When absolutist, monocratic military regimes reigned in Nigeria, critical newspapers and magazines used to be seized and burned on a whim— and without recourse to the law— just because they wrote stories that people in power didn’t like. The digital equivalent of seizing and burning “unfriendly” newspapers has quietly returned under Buhari.
It is being led by the National Communication Commission under the direction of the Ministry of Communications and Digital Economy. The most prominent victim of this digital newspaper burning is the Peoples Gazette, a digital-native newspaper headquartered in Abuja, which has written stories that afflicted the comfortable in Nigeria.

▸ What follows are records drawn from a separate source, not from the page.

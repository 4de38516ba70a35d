-- ===== src/Daemon/Metrics/Ticks.antt =====
-- The ticks of the process.
use sshcustom_vpnchain.Base.{
  ◌≡◌, refl, ap, ◌∙◌, false, some, [], ◌∷◌, ◌++◌, arith, leb, length, Bytes,
}
use sshcustom_vpnchain.Net.HostPort.{has_byte}
use sshcustom_vpnchain.Net.HostPort.Joined.{cut_last-append}
use sshcustom_vpnchain.Transport.{fields_onto}
use sshcustom_vpnchain.Daemon.Metrics.{ticks_of, behind_name, read_process_cpu_ticks}

behind-space :
    (before rest : Bytes)
    → behind_name (some (before, b' ' ∷ rest)) ≡ ticks_of (fields_onto [] rest)
unfolding fields_onto
behind-space before [] = refl
behind-space before (c ∷ rest) =
    let longer : leb (length (b' ' ∷ c ∷ rest)) 1 ≡ false = ground arith in rw longer refl

-- The name of a process cannot mislead `readProcessCPUTicks`: whatever bytes stand before the last `)`
-- of /proc/self/stat, spaces and parentheses among them, the ticks are those of the fields behind it.
pub read_process_cpu_ticks-name :
    (name rest : Bytes)
    → has_byte b')' rest ≡ false
    → read_process_cpu_ticks (some (name ++ (b')' ∷ b' ' ∷ rest))) ≡ ticks_of (fields_onto [] rest)
unfolding read_process_cpu_ticks
read_process_cpu_ticks-name name rest h =
    ap behind_name (cut_last-append b')' name (b' ' ∷ rest) h) ∙ behind-space name rest
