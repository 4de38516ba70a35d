-- ===== src/Daemon/ModuleProp.antt =====
-- `updateModuleProp`: the description in the module's module.prop, which Magisk shows. A file is its
-- text, and how writing and renaming end is an argument.
pub mod Latest
pub mod Watch
use sshcustom_vpnchain.Base.{
  ◌-◌, Bool, ◌&&◌, Option, none, some, List, [], ◌∷◌, if◌then◌else◌, Bytes, codes, str_eq,
}
use sshcustom_vpnchain.Base.Text.{has_prefix, join}
use sshcustom_vpnchain.Transport.{split_lines}

abbrev pub marker : Bytes
marker = codes "description="

-- The line for a status.
unfoldable pub description : Bytes → Bytes
description status =
    if str_eq status (codes "running")
    then codes "description=[ON] SSHCustom-Magisk - running"
    else if str_eq status (codes "standby")
    then codes "description=[--] SSHCustom-Magisk - standby"
    else codes "description=[OFF] SSHCustom-Magisk - disconnected"

abbrev pub kept_before : Bytes → Option (List Bytes) → Option (List Bytes)
kept_before l none = none
kept_before l (some ls) = some (l ∷ ls)

-- The loop over the lines: the first description is replaced, and `none` is that there is none.
unfoldable pub replace_line : Bytes → List Bytes → Option (List Bytes)
replace_line desc [] = none
replace_line desc (line ∷ lines) =
    let rest = kept_before line (replace_line desc lines) in
    if has_prefix line marker then some (desc ∷ lines) else rest

-- How `os.WriteFile` of the new file and `os.Rename` over the old one end.
pub record Saved : Type 0 where
  pub written : Bool
  pub renamed : Bool

store_lines : Saved → Bytes → Option (List Bytes) → Bytes
store_lines how text none = text
store_lines how text (some lines) =
    if how.written && how.renamed then join lines (codes "\n") else text

-- `updateModuleProp` on a file that can be read: the text that it leaves.
unfoldable pub update_module_prop : Saved → Bytes → Bytes → Bytes
unfolding store_lines replace_line split_lines description
update_module_prop how status text =
    store_lines how text (replace_line (description status) (split_lines text))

The newspaper’s URL has been banned by all Nigeria’s telecommunications companies.
The next president must be one who understands the place of dissent and a critical media formation in a democracy.
Five, given our inexorable embeddedness in the matrix of global politics, the next president must demonstrate sufficient understanding of the dynamics of global geopolitics.
Finally, because no president should be a know-it-all, he or she should have the capacity to recognize and recruit talents from every part of Nigeria, not just their cultural or geographic backyard. The transformation of the country can’t come from the president alone.
Fortunately, Nigeria is blessed with enormous, if unused, human capital. It takes skill to recognize the people we need to march to the future. I hope Nigeria will get it right in 2023.